Pour une urgence médicale, une douleur importante, une blessure ou un problème nécessitant des soins, il faut contacter un médecin, les services d’urgence ou les secours selon la situation.
La CFDT peut vous accompagner
Les représentants CFDT ne remplacent ni le médecin traitant ni le médecin du travail.
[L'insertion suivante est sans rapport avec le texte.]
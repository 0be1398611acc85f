-- ===== src/BitLy.antt =====
-- shorteners/bit-ly/alias.go: whether an IP address is that of a bit.ly alias. A `net.IP` is its
-- bytes, 4 or 16 of them for a valid address.
pub mod Range
mod Aliases
mod Tests
use urlhero.Common.{
  ◌⊎◌, inl, inr, ℕ, ◌+◌, ◌*◌, ◌^◌, Bool, true, false, ◌&&◌, Option, none, some, List, [], ◌∷◌,
  Bytes, str_eq, leb, if◌then◌else◌, length, take, drop, ◌==◌,
}

-- `net.IP.To4`: a 4-byte address, or the last 4 bytes of an IPv4 address mapped into IPv6.
abbrev pub v4_in_v6_prefix : Bytes
v4_in_v6_prefix = 0 ∷ 0 ∷ 0 ∷ 0 ∷ 0 ∷ 0 ∷ 0 ∷ 0 ∷ 0 ∷ 0 ∷ 0xFF ∷ 0xFF ∷ []

unfoldable pub to4 : Bytes → Option Bytes
unfolding str_eq
to4 ip =
    if length ip == 4
    then some ip
    else if length ip == 16 && str_eq (take 12 ip) v4_in_v6_prefix
    then some (drop 12 ip)
    else none

-- `binary.BigEndian.Uint32`
abbrev pub uint32 : Bytes → ℕ
uint32 (a ∷ b ∷ c ∷ d ∷ _) = a * 2 ^ 24 + b * 2 ^ 16 + c * 2 ^ 8 + d
uint32 _ = 0

abbrev pub alias_lo : ℕ
alias_lo = uint32 (67 ∷ 199 ∷ 248 ∷ 10 ∷ [])

abbrev pub alias_hi : ℕ
alias_hi = uint32 (67 ∷ 199 ∷ 248 ∷ 13 ∷ [])

unfoldable pub is_ip_alias : List Bytes → Bool
unfolding to4
is_ip_alias [] = false
is_ip_alias (ip ∷ ips) = elim (to4 ip) [
  | none ↦ is_ip_alias ips
  | some ip4 ↦
      let rest = is_ip_alias ips in
      if leb alias_lo (uint32 ip4) && leb (uint32 ip4) alias_hi then true else rest
]

-- `IsAlias`; `lookup_ip` is `net.LookupIP`. With an error the code returns false as well.
unfoldable pub is_alias : {E : Type 0} → (Bytes → E ⊎ List Bytes) → Bytes → E ⊎ Bool
unfolding is_ip_alias
is_alias lookup_ip host = elim (lookup_ip host) [ inl e ↦ inl e | inr ips ↦ inr (is_ip_alias ips) ]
Ils peuvent cependant vous aider à :
- retrouver les coordonnées du service de santé au travail ;
- préparer les faits à présenter pendant la visite ;
- comprendre un avis ou une préconisation ;
- demander une réponse écrite à l’employeur ;
- suivre la mise en place d’un aménagement ;
- faire remonter un problème collectif au CSE ou à la CSSCT ;
- vous orienter vers le bon interlocuteur.
Il est souvent plus facile d’agir lorsque les difficultés commencent que lorsqu’elles sont installées depuis plusieurs mois.
Contacter la médecine du travail n’est pas une démarche contre l’entreprise ou contre son responsable. C’est utiliser un service de prévention destiné à protéger la santé et à permettre, chaque fois que possible, de continuer à travailler dans de bonnes conditions.